2. `lifecycle.deploy_app()` calls `_record_deploy()` (lifecycle.py:250) BEFORE
`acquire_app_lock(domain)` (lifecycle.py:254, introduced by P2 b302f3a). So the counter
increment happens OUTSIDE the serialization window — a second same-domain run bumps the
shared counter before it ever blocks on the lock.
**Observed (live, builds 279 + 281, immich PR#2, same domain immi-ad3e33, 2026-06-10T05:04Z):**
- Lock serialization itself WORKS: 281 logged `== app lock: ... in flight — waiting ==` at 2s,
then `== app lock: acquired ==` at 194s — exactly when 279 exited (279 finished 05:07:35).
- 279 RED: `!! deploy-count 2 != 1 (DG4.1 violation)`. The `2` = 281's pre-lock `_record_deploy`
(fired ~2s, before 281 blocked) polluting the shared counter 279 was actively using.
- 281 RED: `FileNotFoundError: /tmp/ccci-deploys-immi-ad3e33...` at run_recipe_ci.py:1213 —
279's end-of-run `os.remove(countfile)` (line 1215) deleted the shared file out from under 281,
whose single `_record_deploy` had already fired at 2s and never recreates it.
- Control: isolated immich (build 275, same fixed wrapper) → `deploy-count = 1`, GREEN. So this
is concurrency-specific, not a pre-existing immich/wrapper issue.
**Repro:** two `!testme` comments on the same recipe PR (same domain) in quick succession on the
deployed main harness → both builds RED (one DG4.1 false-violation, one FileNotFoundError).

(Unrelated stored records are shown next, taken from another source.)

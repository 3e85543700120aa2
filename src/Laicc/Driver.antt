-- ===== src/Laicc/Driver.antt =====
-- crates/laicc/src/main.rs, lib.rs: the command, over a file system that is a parameter. A path is a
-- text, which is also what `display` prints.
pub mod Inspect
pub mod Runs
use laic.Prelude.{
  ℕ, Bool, true, false, String, Option, none, some, List, [], ◌∷◌, ◌++◌, Result, ok, err, panicked,
  and_then, map_err, map_err_fst, ok_or, ◌>>=◌,
}
use laic.Prelude.Detail.{Detail, Piece, text, plain}
use laic.Laicc.Ast.{ℤ, LaicType, LaicFile, CompileError, parse, validation, codegen, io}
use laic.Laicc.Parser.Tree.{Pairs}
use laic.Laicc.Parser.File.{compile}
use laic.Laicc.Codegen.Emitted.{Emitted}
use laic.Laicc.Codegen.Rust.Contract.{generate_rust}
use laic.Laicc.Codegen.Python.Contract.{generate_python}
use laic.Laicc.Codegen.TypeScript.Contract.{generate_typescript}
use laic.Laicc.Driver.Inspect.{inspect_schema}

pub data TargetLanguage : Type 0 where
  rust python typescript : TargetLanguage

-- What `clap` makes of the command line: `Cli`, and `Command` with its argument.
pub data Command : Type 0 where
  inspect_command : (input : String) → Command

pub record Cli : Type 0 where
  pub input : Option String
  pub command : Option Command
  pub lang : TargetLanguage
  pub output : String

-- The file system, the error texts it gives, and the parts of `Path` that the command uses:
-- `file_stem` followed by `to_str`, and `join`.
pub record Files (World : Type 0) : Type 1 where
  pub read_to_string : String → World → Result String Piece
  pub create_dir_all : String → World → Result (Unit {0}) Piece × World
  pub write : String → Detail → World → Result (Unit {0}) Piece × World
  pub print : Detail → World → World
  pub eprint : Detail → World → World
  pub file_stem : String → Option String
  pub join : String → Detail → String

-- `CompileError as Display`
unfoldable pub fmt : CompileError → Detail
fmt (parse msg) = text "parse error: " ∷ msg
fmt (validation msg) = text "validation error: " ∷ msg
fmt (codegen msg) = text "codegen error: " ∷ msg
fmt (io e) = text "I/O error: " ∷ e

-- A generator that may panic, and one that cannot, as the functions of lib.rs.
abbrev pub of_emitted : Emitted → Result Detail CompileError
of_emitted none = panicked
of_emitted (some d) = ok d

abbrev pub extension : TargetLanguage → String
extension rust = "rs"
extension python = "py"
extension typescript = "ts"

abbrev pub unwrap_or : String → Option String → String
unwrap_or d none = d
unwrap_or d (some s) = s

module _ (show_float : ℕ → List ℕ) where
  unfoldable pub generate : TargetLanguage → LaicFile → Result Detail CompileError
  generate rust file = of_emitted (generate_rust show_float file)
  generate python file = ok (generate_python show_float file)
  generate typescript file = ok (generate_typescript show_float file)

module _ {World : Type 0} (fs : Files World) where
  abbrev pub out_path : Cli → String → String
  out_path cli input = fs.join cli.output (
      text (unwrap_or "output" (fs.file_stem input))
      ∷ text "_laic."
      ∷ text (extension cli.lang)
      ∷ [])

  -- What `generate_bindings` does once the code is there.
  unfoldable pub write_bindings :
      String → String → Detail → World → Result (Unit {0}) Detail × World
  write_bindings directory path code w =
      and_then
        (map_err_fst
          (λ e. text "failed to create output directory '" ∷ text directory ∷ text "': " ∷ e ∷ [])
          (fs.create_dir_all directory w))
        (λ _ w1.
          and_then
            (map_err_fst
              (λ e. text "failed to write output file '" ∷ text path ∷ text "': " ∷ e ∷ [])
              (fs.write path code w1))
            (λ _ w2. (ok tt, fs.eprint (text "wrote " ∷ text path ∷ text "\n" ∷ []) w2)))

module _ {World : Type 0} (fs : Files World) (show_float : ℕ → List ℕ)
    (parse_float : String → Result ℕ Piece) (laic_parser : String → Result Pairs Piece)
    (debug : LaicType → Piece) (show : ℤ → Piece) where
  unfoldable pub read_contract : String → World → Result LaicFile Detail
  read_contract input w = do
    source ←
        map_err (λ e. text "failed to read input file '" ∷ text input ∷ text "': " ∷ e ∷ [])
          (fs.read_to_string input w)
    map_err fmt (compile parse_float laic_parser debug show source)

  -- The code for the command's input, which reads the file system and does not change it.
  unfoldable pub bindings : Cli → World → Result (String × Detail) Detail
  bindings cli w = do
    input ← ok_or (plain "missing input `.laic` file") cli.input
    file ← read_contract input w
    code ← map_err fmt (generate show_float cli.lang file)
    ok (input, code)

  unfoldable pub generate_bindings : Cli → World → Result (Unit {0}) Detail × World
  generate_bindings cli w =
      and_then (bindings cli w, w)
        (λ (input, code). write_bindings fs cli.output (out_path fs cli input) code)

  abbrev pub run_command : Cli → Option Command → World → Result (Unit {0}) Detail × World
  run_command cli (some (inspect_command input)) w =
      and_then (read_contract input w, w)
        (λ file w'. (ok tt, fs.print (inspect_schema input file ++ text "\n" ∷ []) w'))
  run_command cli none w = generate_bindings cli w

  unfoldable pub run : Cli → World → Result (Unit {0}) Detail × World
  run cli w = run_command cli cli.command w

**Fix direction (Builder owns):** key the deploy-counter per RUN, not per domain — e.g. put it in
`/var/lib/cc-ci-runs/<build>/` (alongside the per-run artifacts) or include the build/run id in the
filename, and export that path via `CCCI_DEPLOY_COUNT_FILE`. Per-run keying fixes BOTH defects at
once (no cross-run pollution; no shared remove). Moving `_record_deploy()` after `acquire_app_lock`
alone is INSUFFICIENT — the shared `os.remove`/`FileNotFoundError` collision survives. Add a
tests/concurrency case: two same-domain runs serialized on the app lock → each sees its own
deploy-count, neither removes the other's file (this is the gap vs the 19 planned cases — case 4
serialises acquire but never asserts deploy-count isolation across the two).
**Closure:** adversary-owned. Re-test the (c) double-!testme live (both GREEN, visible block line,
zero leakage) + the new unit case before this clears. Only I close it.
**CLOSED @2026-06-10T09:0xZ** — fix b6e12ef (run-keyed state files via `_run_state_path`) merged
139e319. Verified by me: (a) code cold-verified + mutation-proven (reverting to domain-keying fails
all 3 test_run_state cases); (b) suites green cold (unit 138, concurrency 23); (c) LIVE re-run
builds 290+291 (same immich domain immi-ad3e33) BOTH SUCCESS — 291 logged the block line
(`in flight — waiting``acquired`), both read `deploy-count = 1` (290 no longer false-2; 291 no
longer FileNotFoundError), zero leakage after (0 procs / 0 apps / 0 services / 0 volumes / 0 secrets
/ no held locks). Full evidence in REVIEW-conc M2(c) PASS.